Тайга
Шрифт:
Тот быстро приподнялся, протер глаза, поводил хмурыми бровями и изумленно огляделся кругом.
– Ты чего это?
– Так... Ничего...
– октависто сказал и лег.
– Помоги... Настави... Укрепи, - громко и выразительно шепчет Антон и, распластавшись на полу у иконы, лежит, трясясь всем телом.
Огонек колышется, играет. Антон за всех молится. На душе у бродяг потеплело.
XX
Вся деревня обрадовалась Анне.
Только и слышалось:
– Аннушка... Краля наша... Умница...
И мужики, и бабы, и старые старики, и ребята. Про молодежь и говорить нечего.
Варька
Варька Анну к себе ночевать увела: в избе у Анны - покойник, страшно.
Молодежь всей гурьбой провожала Анну.

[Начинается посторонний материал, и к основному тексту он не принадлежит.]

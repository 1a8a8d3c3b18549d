-- ===== src/Replica/Sharding/Closest.antt =====
-- What `Shard2` of replica/common/shard.go finds.
use mathlib.Core.List.{Perm}
use mathlib.Core.List.Perm
use katzenpost_wt.Prelude.{
  ℕ, ◌<◌, ◌≡◌, refl, ap, ◌∙◌, false, inl, inr, List, [], ◌∷◌, ◌++◌, none, some, if◌then◌else◌,
  arith, length, All, Bool-cases,
}
use katzenpost_wt.Replica.Sharding.{
  is_below, max_hash, Nearest, nearest_start, distance, note_key, note_keys, shard2,
}
use katzenpost_wt.Replica.Sharding.Order.{
  is_below_irrefl, is_below_trans, is_below_asym, max-is_below,
}

module _ (sum256 : List ℕ → List ℕ) (box_id : List ℕ) where
  -- The key `a` is no farther from the box than `b`.
  abbrev pub Near : List ℕ → List ℕ → Type 0
  Near a b = is_below (distance sum256 box_id b) (distance sum256 box_id a) ≡ false

  abbrev pub found : List ℕ → List ℕ → Nearest
  found a b = record {
    hash0 = distance sum256 box_id a;
    hash1 = distance sum256 box_id b;
    key0 = some a;
    key1 = some b;
  }

  -- `m0` and `m1` are the nearest of these keys, in this order, and `rest` the others.
  pub record AreNearest (m0 m1 : List ℕ) (keys : List (List ℕ)) : Type 0 where
    pub rest : List (List ℕ)
    pub all : Perm keys (m0 ∷ m1 ∷ rest)
    pub order : Near m0 m1
    pub others : All (Near m1) rest

  record Kept (k0 k1 : List ℕ) (keys : List (List ℕ)) : Type 0 where
    pub m0 : List ℕ
    pub m1 : List ℕ
    pub runs : note_keys sum256 box_id keys (found k0 k1) ≡ found m0 m1
    pub near : AreNearest m0 m1 (k0 ∷ k1 ∷ keys)
    pub nearer : Near m1 k1

  rotate : (a b c : List ℕ) (l : List (List ℕ)) → Perm (a ∷ b ∷ c ∷ l) (b ∷ c ∷ a ∷ l)
  rotate a b c l = Perm.trans (Perm.swap b a (c ∷ l)) (Perm.cons b (Perm.swap c a l))

  -- A round that keeps `m0` and `m1` and drops `d` puts `d` among the others.
  drops :
      (k0 k1 x d a b : List ℕ) (keys : List (List ℕ)) (later : Kept a b keys)
      → Perm (k0 ∷ k1 ∷ x ∷ keys) (d ∷ a ∷ b ∷ keys)
      → Near later.m1 d
      → AreNearest later.m0 later.m1 (k0 ∷ k1 ∷ x ∷ keys)
  drops k0 k1 x d a b keys later p near = record {
    rest = d ∷ later.near.rest;
    all =
        Perm.trans p
          (Perm.trans (Perm.cons d later.near.all) (rotate d later.m0 later.m1 later.near.rest));
    order = later.near.order;
    others = (near, later.near.others);
  }

  note_keys-Kept : (k0 k1 : List ℕ) (keys : List (List ℕ)) → Near k0 k1 → Kept k0 k1 keys
  unfolding note_keys note_key
  note_keys-Kept k0 k1 [] near = record {
    m0 = k0;
    m1 = k1;
    runs = refl;
    near = record { rest = []; all = Perm.refl (k0 ∷ k1 ∷ []); order = near; others = tt };
    nearer = is_below_irrefl (distance sum256 box_id k1);
  }
  note_keys-Kept k0 k1 (x ∷ keys) near =
      let hash = distance sum256 box_id in
      elim (Bool-cases (is_below (hash k1) (hash x))) [
        | inl far ↦
            let later = note_keys-Kept k0 k1 keys near in
            let beyond = is_below_asym (hash k1) (hash x) far in
            record {
              m0 = later.m0;
              m1 = later.m1;
              runs = rw far later.runs;
              near =
                  drops k0 k1 x x k0 k1 keys later (Perm.symm (rotate x k0 k1 keys))
                    (is_below_trans (hash later.m1) (hash k1) (hash x) later.nearer beyond);
              nearer = later.nearer;
            }
        | inr close ↦ elim (Bool-cases (is_below (hash k0) (hash x))) [
          | inl second ↦
              let later = note_keys-Kept k0 x keys (is_below_asym (hash k0) (hash x) second) in
              let past = is_below_trans (hash later.m1) (hash x) (hash k1) later.nearer close in
              record {
                m0 = later.m0;
                m1 = later.m1;
                runs = rw (close, second) later.runs;
                near = drops k0 k1 x k1 k0 x keys later (Perm.swap k1 k0 (x ∷ keys)) past;
                nearer = past;
              }
          | inr first ↦
              let later = note_keys-Kept x k0 keys first in
              let past = is_below_trans (hash later.m1) (hash k0) (hash k1) later.nearer near in
              record {
                m0 = later.m0;
                m1 = later.m1;
                runs = rw (close, first) later.runs;
                near = drops k0 k1 x k1 x k0 keys later (rotate k0 k1 x keys) past;
                nearer = past;
              }
        ]
      ]

  one_key : List ℕ → Nearest
  one_key a = record {
    hash0 = distance sum256 box_id a;
    hash1 = max_hash;
    key0 = some a;
    key1 = none;
  }

  -- No hash is above `maxHash`.
  abbrev BelowMax : List ℕ → Type 0
  BelowMax a = is_below max_hash (distance sum256 box_id a) ≡ false

  first_key : (a : List ℕ) → BelowMax a → note_key sum256 box_id a nearest_start ≡ one_key a
  unfolding note_key one_key
  first_key a top = rw top

  second_key :
      (a b : List ℕ)
      → BelowMax b
      → note_key sum256 box_id b (one_key a) ≡ (
          if is_below (distance sum256 box_id a) (distance sum256 box_id b)
          then found a b
          else found b a)
  unfolding note_key one_key
  second_key a b top = ground (arith, top)

  two_keys :
      (a b : List ℕ) (keys : List (List ℕ)) {s : Nearest} {m0 m1 : List ℕ}
      → BelowMax a
      → note_key sum256 box_id b (one_key a) ≡ s
      → note_keys sum256 box_id keys s ≡ found m0 m1
      → shard2 sum256 box_id (a ∷ b ∷ keys) ≡ some m0 ∷ some m1 ∷ []
  unfolding shard2 note_keys
  two_keys a b keys top h1 h2 =
      ap (λ s. s.key0 ∷ s.key1 ∷ [])
        (ap (λ s. note_keys sum256 box_id keys (note_key sum256 box_id b s)) (first_key a top)
          ∙ ap (note_keys sum256 box_id keys) h1
          ∙ h2)

  -- Where the hash gives 32 bytes and there are two or more keys, `Shard2` returns two of them, the
  -- nearer one first, and none of the others is nearer to the box than either.
  pub shard2-AreNearest :
      ((m : List ℕ) → (length (sum256 m) ≡ 32) × All (λ x. x < 256) (sum256 m))
      → (a b : List ℕ) (keys : List (List ℕ))
      → (k0 : List ℕ) × (k1 : List ℕ) × (shard2 sum256 box_id (a ∷ b ∷ keys)
          ≡ some k0 ∷ some k1 ∷ [])
        × AreNearest k0 k1 (a ∷ b ∷ keys)
  shard2-AreNearest bytes a b keys =
      let hash = distance sum256 box_id in
      let below_max : (k : List ℕ) → is_below max_hash (hash k) ≡ false =
        λ k. let (size, small) = bytes (k ++ box_id) in max-is_below 32 (hash k) size small in
      elim (Bool-cases (is_below (hash a) (hash b))) [
        | inl second ↦
            let r = note_keys-Kept a b keys (is_below_asym (hash a) (hash b) second) in
            (
              r.m0,
              r.m1,
              two_keys a b keys (below_max a) (second_key a b (below_max b) ∙ rw second) r.runs,
              r.near,
            )
        | inr first ↦
            let r = note_keys-Kept b a keys first in
            (
              r.m0,
              r.m1,
              two_keys a b keys (below_max a) (second_key a b (below_max b) ∙ rw first) r.runs,
              record {
                rest = r.near.rest;
                all = Perm.trans (Perm.swap b a keys) r.near.all;
                order = r.near.order;
                others = r.near.others;
              },
            )
      ]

Лишь вышли на улицу, Тереха по всем переборам саданул, девки подхватили проголосную, заунывную:
Уж и где ты, ворон, побывал,
Где, черной, сполетывал?..
Анну под руки вели подруги. Варька за талию обняла ласково.
Все веселы хорошим весельем, тихим.
Сумрачно было. Звезды мерцали с серого неба. Лица Анны не видать. Анна в белом. Анна низко наклонила голову, и как-то незаметно, сами собой, покатились из глаз слезы. А сердце такой светлой радостью вдруг переполнилось, что Анна не выдержала, к подругам на шею бросилась, парней обнимать начала:
– Девушки... Молодчики...
Парни смутились, встревожились, самые ласковые слова в ответ подбирали и пофыркивали носами.

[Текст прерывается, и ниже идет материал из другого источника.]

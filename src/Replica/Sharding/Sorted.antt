-- ===== src/Replica/Sharding/Sorted.antt =====
-- What `Shard` of replica/common/shard.go finds.
use mathlib.Core.List.{Perm}
use mathlib.Core.List.Perm
use katzenpost_wt.Prelude.{
  ℕ, suc, ◌≡◌, refl, ap, inl, inr, List, [], ◌∷◌, ok, arith, length, All, Bool-cases,
}
use katzenpost_wt.Replica.Sharding.{is_below, distance, insert_key, sort_keys, shard}
use katzenpost_wt.Replica.Sharding.Order.{is_below_trans, is_below_asym}
use katzenpost_wt.Replica.Sharding.Closest.{Near, AreNearest}

module _ (sum256 : List ℕ → List ℕ) (box_id : List ℕ) where
  abbrev Nearer : List ℕ → List ℕ → Type 0
  Nearer = Near sum256 box_id

  abbrev IsSorted : List (List ℕ) → Type 0
  IsSorted [] = Unit {0}
  IsSorted (k ∷ ks) = All (Nearer k) ks × IsSorted ks

  record Inserted (key : List ℕ) (ks : List (List ℕ)) : Type 0 where
    pub perm : Perm (key ∷ ks) (insert_key sum256 box_id key ks)
    pub size : length (insert_key sum256 box_id key ks) ≡ suc (length ks)
    pub every :
        (a : List ℕ)
        → Nearer a key
        → All (Nearer a) ks
        → All (Nearer a) (insert_key sum256 box_id key ks)
    pub sorted : IsSorted ks → IsSorted (insert_key sum256 box_id key ks)

  farther : (a b : List ℕ) (ks : List (List ℕ)) → Nearer a b → All (Nearer b) ks → All (Nearer a) ks
  farther a b [] h all = tt
  farther a b (k ∷ ks) h (first, all) = (
    is_below_trans (distance sum256 box_id a) (distance sum256 box_id b) (distance sum256 box_id k)
        h first,
    farther a b ks h all,
  )

  insert_key-Inserted : (key : List ℕ) (ks : List (List ℕ)) → Inserted key ks
  unfolding insert_key
  insert_key-Inserted key [] = record {
    perm = Perm.refl (key ∷ []);
    size = refl;
    every = λ a h all. (h, tt);
    sorted = λ s. (tt, tt);
  }
  insert_key-Inserted key (k ∷ ks) =
      let hash = distance sum256 box_id in
      let later = insert_key-Inserted key ks in
      elim (Bool-cases (is_below (hash k) (hash key))) [
        | inl below ↦ record {
          perm = rw below (Perm.trans (Perm.swap k key ks) (Perm.cons k later.perm));
          size = rw below (ap suc later.size);
          every = λ a h all. rw below (all.0, later.every a h all.1);
          sorted = λ s.
              rw below
                (later.every k (is_below_asym (hash k) (hash key) below) s.0, later.sorted s.1);
        }
        | inr upto ↦ record {
          perm = rw upto (Perm.refl (key ∷ k ∷ ks));
          size = rw upto;
          every = λ a h all. rw upto (h, all);
          sorted = λ s. rw upto ((upto, farther key k ks upto s.0), s);
        }
      ]

  sort_keys-IsSorted :
      (keys : List (List ℕ))
      → Perm keys (sort_keys sum256 box_id keys)
        × (length (sort_keys sum256 box_id keys) ≡ length keys)
        × IsSorted (sort_keys sum256 box_id keys)
  unfolding sort_keys
  sort_keys-IsSorted [] = (Perm.refl [], refl, tt)
  sort_keys-IsSorted (k ∷ ks) =
      let (perm, size, sorted) = sort_keys-IsSorted ks in
      let i = insert_key-Inserted k (sort_keys sum256 box_id ks) in
      (Perm.trans (Perm.cons k perm) i.perm, omega (arith, i.size, size), i.sorted sorted)

  shard-ok :
      (keys sorted : List (List ℕ)) (m0 m1 : List ℕ)
      → sort_keys sum256 box_id keys ≡ m0 ∷ m1 ∷ sorted
      → shard sum256 box_id keys ≡ ok (m0 ∷ m1 ∷ [])
  unfolding shard
  shard-ok keys sorted m0 m1 h = rw (shard, h)

  first_two :
      (keys sorted : List (List ℕ)) (n : ℕ)
      → sort_keys sum256 box_id keys ≡ sorted
      → Perm keys sorted
      → length sorted ≡ suc (suc n)
      → IsSorted sorted
      → (k0 : List ℕ) × (k1 : List ℕ) × (shard sum256 box_id keys ≡ ok (k0 ∷ k1 ∷ []))
        × AreNearest sum256 box_id k0 k1 keys
  first_two keys [] n e p h s = absurd (omega arith)
  first_two keys (a ∷ []) n e p h s = absurd (omega arith)
  first_two keys (a ∷ b ∷ ks) n e p h s =
      (a, b, shard-ok keys ks a b e, record { rest = ks; all = p; order = s.0.0; others = s.1.0 })

  -- With two or more keys `Shard` does not panic and returns two of them, the nearer one first, and
  -- none of the others is nearer to the box than either.
  pub shard-AreNearest :
      (a b : List ℕ) (keys : List (List ℕ))
      → (k0 : List ℕ) × (k1 : List ℕ) × (shard sum256 box_id (a ∷ b ∷ keys) ≡ ok (k0 ∷ k1 ∷ []))
        × AreNearest sum256 box_id k0 k1 (a ∷ b ∷ keys)
  shard-AreNearest a b keys =
      let (perm, size, sorted) = sort_keys-IsSorted (a ∷ b ∷ keys) in
      first_two (a ∷ b ∷ keys) (sort_keys sum256 box_id (a ∷ b ∷ keys)) (length keys) refl perm size
        sorted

И ни один из них, и никто в деревне даже взглядом не оскорбил приближавшегося Анниного материнства.
– Мы за тебя, Аннушка, горой!.. Только бровью поведи...
Дальше пошли. Черный жучок Тереха не сразу в гармонь ударил: руки тряслись от волнения, сердце шумно билось, - эх, зачем он таким сморчком, замухрыгой уродился!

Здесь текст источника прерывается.